Dataset content

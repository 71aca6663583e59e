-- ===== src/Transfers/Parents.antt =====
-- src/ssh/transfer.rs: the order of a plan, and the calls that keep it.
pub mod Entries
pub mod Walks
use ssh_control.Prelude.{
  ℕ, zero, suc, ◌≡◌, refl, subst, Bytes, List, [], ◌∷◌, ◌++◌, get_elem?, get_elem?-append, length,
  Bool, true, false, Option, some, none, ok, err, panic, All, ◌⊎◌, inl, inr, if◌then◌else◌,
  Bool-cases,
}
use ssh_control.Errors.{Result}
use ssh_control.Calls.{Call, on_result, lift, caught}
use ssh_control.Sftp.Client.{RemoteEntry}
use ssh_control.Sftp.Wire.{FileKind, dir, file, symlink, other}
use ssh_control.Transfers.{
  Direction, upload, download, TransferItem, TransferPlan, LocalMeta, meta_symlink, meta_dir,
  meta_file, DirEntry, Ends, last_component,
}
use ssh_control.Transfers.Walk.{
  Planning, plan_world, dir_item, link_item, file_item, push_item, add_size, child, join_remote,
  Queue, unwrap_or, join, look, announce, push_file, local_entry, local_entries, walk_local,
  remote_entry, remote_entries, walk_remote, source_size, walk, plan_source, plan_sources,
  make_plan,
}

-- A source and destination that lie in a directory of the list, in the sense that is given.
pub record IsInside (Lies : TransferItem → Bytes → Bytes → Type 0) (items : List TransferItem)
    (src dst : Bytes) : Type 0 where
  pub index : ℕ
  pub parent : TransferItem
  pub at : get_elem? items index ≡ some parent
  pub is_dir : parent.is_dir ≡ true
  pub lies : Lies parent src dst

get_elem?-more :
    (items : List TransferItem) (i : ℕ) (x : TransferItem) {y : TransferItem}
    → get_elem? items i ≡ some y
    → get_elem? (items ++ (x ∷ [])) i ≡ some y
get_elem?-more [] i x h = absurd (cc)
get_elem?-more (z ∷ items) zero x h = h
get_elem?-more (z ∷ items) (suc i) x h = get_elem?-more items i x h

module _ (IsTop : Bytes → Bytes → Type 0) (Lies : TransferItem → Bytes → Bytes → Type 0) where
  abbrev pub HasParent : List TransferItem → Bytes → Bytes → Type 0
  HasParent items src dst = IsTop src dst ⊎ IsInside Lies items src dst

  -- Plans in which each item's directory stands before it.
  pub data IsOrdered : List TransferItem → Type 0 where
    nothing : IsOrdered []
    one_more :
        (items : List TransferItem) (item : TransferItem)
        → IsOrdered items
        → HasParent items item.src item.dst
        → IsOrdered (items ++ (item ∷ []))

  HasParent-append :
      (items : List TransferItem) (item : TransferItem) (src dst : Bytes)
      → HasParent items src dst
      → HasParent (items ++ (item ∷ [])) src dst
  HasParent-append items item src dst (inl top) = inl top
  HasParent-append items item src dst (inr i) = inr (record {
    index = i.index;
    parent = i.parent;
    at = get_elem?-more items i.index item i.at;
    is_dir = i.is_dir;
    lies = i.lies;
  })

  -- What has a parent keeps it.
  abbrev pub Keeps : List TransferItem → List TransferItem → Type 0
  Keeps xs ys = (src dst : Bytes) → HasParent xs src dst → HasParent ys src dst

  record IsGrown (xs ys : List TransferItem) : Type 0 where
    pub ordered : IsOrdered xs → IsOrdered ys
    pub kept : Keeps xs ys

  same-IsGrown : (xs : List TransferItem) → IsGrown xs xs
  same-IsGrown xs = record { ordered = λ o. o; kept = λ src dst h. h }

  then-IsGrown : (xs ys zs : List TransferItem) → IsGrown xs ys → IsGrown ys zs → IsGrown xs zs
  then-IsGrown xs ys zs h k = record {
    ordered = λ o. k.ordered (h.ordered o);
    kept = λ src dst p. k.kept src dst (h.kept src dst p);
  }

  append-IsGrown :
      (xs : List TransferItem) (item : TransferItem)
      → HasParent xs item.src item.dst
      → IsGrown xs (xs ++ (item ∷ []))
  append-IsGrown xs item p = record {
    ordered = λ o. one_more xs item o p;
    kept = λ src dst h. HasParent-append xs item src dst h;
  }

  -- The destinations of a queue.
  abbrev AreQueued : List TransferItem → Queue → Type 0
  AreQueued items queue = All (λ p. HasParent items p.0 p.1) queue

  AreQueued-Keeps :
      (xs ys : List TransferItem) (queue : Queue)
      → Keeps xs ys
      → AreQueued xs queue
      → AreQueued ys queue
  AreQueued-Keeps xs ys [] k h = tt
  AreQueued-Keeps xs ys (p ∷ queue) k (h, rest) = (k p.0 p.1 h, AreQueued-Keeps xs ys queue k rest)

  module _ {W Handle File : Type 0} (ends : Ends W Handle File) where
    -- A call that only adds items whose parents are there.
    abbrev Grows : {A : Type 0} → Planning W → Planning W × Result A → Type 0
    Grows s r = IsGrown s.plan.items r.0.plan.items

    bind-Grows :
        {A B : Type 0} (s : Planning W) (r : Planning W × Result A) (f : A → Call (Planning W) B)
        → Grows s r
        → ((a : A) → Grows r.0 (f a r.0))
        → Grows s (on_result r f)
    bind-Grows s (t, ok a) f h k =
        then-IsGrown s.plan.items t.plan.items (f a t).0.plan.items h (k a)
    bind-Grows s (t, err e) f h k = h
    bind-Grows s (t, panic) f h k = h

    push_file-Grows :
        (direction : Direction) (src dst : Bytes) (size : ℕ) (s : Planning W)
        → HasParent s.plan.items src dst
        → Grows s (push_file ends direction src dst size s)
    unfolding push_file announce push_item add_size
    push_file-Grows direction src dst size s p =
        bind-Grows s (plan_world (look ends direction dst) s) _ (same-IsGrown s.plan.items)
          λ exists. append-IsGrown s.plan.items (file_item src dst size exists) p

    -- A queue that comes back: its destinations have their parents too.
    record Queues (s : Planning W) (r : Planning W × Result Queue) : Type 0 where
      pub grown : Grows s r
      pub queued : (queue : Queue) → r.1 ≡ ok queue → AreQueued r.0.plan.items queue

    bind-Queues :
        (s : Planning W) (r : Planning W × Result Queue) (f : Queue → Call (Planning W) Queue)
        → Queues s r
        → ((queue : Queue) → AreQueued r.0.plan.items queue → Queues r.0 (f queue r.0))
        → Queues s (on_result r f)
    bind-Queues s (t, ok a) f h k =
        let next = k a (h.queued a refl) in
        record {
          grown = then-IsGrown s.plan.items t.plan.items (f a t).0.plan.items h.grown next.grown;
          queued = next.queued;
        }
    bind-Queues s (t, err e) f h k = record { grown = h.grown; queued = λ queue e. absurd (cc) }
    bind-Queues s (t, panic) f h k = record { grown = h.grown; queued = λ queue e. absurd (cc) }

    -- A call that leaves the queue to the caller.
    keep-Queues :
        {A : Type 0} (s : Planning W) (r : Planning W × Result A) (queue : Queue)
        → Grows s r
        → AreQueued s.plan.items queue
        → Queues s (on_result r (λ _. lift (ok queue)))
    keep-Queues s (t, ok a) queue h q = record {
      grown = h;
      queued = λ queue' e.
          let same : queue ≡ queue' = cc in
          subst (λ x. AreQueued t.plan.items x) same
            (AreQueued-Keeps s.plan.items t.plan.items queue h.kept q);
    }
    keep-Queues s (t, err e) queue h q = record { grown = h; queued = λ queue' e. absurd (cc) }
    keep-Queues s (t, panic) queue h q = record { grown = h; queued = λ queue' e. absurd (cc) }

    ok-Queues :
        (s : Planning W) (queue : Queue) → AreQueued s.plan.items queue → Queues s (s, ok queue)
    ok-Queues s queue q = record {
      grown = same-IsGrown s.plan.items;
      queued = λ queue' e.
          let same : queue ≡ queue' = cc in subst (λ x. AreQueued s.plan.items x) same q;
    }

...

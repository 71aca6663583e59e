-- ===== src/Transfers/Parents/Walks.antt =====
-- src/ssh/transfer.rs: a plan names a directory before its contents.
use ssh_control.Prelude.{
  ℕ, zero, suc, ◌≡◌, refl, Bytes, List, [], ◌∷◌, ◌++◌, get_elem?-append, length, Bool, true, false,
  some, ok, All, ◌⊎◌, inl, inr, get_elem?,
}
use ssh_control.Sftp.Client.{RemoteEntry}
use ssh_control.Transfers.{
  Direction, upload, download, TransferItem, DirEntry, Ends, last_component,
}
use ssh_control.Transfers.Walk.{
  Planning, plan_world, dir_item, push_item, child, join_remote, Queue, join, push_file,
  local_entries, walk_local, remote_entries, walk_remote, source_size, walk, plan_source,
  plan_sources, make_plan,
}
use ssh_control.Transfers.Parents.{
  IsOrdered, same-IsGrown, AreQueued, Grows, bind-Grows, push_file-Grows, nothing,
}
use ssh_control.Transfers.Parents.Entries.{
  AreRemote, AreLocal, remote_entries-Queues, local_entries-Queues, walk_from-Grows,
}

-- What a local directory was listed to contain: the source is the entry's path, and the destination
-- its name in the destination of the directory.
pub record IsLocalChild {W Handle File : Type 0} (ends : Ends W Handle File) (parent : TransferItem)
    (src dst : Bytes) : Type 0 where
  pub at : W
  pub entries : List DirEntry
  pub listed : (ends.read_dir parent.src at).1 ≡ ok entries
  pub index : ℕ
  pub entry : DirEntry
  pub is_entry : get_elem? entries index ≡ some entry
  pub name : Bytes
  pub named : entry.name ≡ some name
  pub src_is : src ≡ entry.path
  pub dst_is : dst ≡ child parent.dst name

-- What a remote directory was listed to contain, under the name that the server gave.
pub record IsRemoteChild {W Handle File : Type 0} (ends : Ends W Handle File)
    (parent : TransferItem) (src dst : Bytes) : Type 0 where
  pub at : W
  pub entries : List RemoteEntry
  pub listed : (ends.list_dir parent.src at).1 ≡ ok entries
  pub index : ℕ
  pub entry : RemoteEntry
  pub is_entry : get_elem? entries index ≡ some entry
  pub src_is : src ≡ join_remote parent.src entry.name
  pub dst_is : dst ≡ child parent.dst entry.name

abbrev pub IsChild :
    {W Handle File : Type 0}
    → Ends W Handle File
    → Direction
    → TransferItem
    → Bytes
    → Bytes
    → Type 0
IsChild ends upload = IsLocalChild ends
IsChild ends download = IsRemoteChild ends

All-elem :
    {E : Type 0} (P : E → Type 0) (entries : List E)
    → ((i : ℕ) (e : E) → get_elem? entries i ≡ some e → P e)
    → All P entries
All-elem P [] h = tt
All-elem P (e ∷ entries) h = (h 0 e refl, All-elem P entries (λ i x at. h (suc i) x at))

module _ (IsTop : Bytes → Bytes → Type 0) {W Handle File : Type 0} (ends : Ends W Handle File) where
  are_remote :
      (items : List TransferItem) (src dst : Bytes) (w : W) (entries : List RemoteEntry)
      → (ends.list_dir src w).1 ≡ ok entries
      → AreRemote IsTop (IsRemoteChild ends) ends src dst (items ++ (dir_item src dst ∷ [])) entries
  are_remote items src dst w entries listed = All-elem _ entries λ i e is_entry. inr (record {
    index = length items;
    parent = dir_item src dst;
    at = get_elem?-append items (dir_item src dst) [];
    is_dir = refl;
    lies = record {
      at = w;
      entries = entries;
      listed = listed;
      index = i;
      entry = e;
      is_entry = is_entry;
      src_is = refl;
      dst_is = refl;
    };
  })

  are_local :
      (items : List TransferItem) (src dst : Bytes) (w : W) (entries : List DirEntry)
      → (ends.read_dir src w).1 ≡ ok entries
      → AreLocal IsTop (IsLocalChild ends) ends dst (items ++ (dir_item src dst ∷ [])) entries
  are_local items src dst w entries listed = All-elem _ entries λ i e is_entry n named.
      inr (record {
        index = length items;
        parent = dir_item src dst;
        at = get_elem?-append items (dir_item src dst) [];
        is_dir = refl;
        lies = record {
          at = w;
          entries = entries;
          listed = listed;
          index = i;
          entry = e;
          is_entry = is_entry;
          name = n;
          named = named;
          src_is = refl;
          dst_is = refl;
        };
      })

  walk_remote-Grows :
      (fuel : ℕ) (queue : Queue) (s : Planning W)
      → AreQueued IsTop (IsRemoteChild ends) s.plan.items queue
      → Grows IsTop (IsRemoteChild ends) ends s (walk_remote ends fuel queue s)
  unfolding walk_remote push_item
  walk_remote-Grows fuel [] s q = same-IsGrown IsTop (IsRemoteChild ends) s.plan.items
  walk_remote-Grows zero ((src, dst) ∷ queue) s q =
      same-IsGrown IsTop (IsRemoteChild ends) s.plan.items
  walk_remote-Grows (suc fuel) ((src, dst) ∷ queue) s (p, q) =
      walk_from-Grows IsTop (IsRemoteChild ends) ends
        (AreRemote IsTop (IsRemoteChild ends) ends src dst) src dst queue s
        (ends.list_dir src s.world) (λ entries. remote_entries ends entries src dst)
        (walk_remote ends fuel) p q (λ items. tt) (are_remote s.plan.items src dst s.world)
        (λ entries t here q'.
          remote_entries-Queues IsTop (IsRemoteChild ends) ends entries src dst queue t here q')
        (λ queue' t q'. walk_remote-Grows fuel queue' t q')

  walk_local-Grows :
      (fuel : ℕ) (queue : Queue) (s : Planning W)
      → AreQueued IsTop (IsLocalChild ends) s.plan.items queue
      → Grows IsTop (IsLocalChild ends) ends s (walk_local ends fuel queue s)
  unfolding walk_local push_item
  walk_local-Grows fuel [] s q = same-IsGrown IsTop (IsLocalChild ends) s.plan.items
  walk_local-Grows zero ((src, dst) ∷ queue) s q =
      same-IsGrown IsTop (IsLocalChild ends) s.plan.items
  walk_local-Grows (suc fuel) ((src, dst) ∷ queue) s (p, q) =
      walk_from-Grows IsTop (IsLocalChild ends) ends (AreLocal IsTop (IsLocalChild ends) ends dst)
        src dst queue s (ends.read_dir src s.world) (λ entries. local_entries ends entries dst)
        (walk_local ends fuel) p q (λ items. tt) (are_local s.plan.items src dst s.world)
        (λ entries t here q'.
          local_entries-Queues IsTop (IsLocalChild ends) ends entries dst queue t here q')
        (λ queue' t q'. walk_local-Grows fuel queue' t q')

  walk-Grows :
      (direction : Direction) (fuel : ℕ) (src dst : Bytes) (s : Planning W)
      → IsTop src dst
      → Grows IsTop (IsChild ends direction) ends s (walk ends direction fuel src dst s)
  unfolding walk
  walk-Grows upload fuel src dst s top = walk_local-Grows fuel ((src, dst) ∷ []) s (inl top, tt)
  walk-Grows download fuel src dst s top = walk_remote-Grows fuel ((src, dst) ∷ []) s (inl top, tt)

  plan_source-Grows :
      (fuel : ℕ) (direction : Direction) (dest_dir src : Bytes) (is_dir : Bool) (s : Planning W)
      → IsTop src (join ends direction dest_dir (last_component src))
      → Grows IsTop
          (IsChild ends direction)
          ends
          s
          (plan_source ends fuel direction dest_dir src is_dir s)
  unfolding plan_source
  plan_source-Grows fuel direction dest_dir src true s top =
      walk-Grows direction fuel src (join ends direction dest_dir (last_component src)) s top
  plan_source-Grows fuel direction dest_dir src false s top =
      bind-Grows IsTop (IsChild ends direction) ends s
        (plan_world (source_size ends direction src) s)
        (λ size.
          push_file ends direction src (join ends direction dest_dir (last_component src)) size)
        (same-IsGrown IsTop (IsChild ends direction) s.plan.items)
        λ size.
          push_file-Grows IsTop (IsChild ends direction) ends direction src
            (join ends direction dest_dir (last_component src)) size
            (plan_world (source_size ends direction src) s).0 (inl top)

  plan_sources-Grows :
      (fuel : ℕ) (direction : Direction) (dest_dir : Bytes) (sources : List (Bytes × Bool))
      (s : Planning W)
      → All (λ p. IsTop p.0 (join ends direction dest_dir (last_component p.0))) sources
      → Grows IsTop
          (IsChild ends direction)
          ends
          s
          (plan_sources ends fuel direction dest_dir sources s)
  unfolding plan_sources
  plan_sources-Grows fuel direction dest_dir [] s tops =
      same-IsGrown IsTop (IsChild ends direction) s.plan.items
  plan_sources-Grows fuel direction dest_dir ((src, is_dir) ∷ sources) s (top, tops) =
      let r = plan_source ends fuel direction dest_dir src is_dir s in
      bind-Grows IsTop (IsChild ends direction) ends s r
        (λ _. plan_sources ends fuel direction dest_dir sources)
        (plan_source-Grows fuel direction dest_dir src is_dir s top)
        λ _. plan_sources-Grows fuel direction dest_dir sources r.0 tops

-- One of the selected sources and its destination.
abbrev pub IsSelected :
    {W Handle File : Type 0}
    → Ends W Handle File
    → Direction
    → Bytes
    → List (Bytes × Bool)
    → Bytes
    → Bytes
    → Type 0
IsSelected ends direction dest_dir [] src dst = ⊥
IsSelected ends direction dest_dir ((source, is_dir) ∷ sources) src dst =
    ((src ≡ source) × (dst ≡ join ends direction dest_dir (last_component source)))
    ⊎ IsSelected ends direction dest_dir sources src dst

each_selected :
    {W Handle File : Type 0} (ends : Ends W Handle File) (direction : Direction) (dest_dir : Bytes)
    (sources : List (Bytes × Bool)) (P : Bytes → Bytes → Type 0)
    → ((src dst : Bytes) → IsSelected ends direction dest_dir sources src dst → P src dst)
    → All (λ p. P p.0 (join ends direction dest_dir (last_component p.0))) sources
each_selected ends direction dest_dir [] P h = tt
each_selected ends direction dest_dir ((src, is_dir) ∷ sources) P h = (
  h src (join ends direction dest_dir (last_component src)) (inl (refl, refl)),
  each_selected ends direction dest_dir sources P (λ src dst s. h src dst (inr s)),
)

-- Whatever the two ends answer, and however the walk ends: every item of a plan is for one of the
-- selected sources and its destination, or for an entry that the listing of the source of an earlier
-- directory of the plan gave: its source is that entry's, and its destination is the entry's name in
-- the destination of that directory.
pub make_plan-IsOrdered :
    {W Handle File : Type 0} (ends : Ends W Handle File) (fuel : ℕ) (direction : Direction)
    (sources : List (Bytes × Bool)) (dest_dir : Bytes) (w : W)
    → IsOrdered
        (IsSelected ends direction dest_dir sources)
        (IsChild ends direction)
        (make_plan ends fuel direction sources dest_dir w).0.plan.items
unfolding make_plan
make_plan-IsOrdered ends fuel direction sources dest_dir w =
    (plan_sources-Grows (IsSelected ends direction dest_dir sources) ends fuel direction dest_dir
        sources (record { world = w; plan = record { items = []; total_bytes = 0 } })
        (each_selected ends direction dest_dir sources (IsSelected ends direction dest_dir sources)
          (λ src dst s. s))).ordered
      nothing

Problem to solve
Out of the material above, output word for word the line with "make_plan-IsOrdered ends fuel", the line with "(each_selected ends direction", and all lines between them, with nothing else.

Response to the task
make_plan-IsOrdered ends fuel direction sources dest_dir w =
    (plan_sources-Grows (IsSelected ends direction dest_dir sources) ends fuel direction dest_dir
        sources (record { world = w; plan = record { items = []; total_bytes = 0 } })
        (each_selected ends direction dest_dir sources (IsSelected ends direction dest_dir sources)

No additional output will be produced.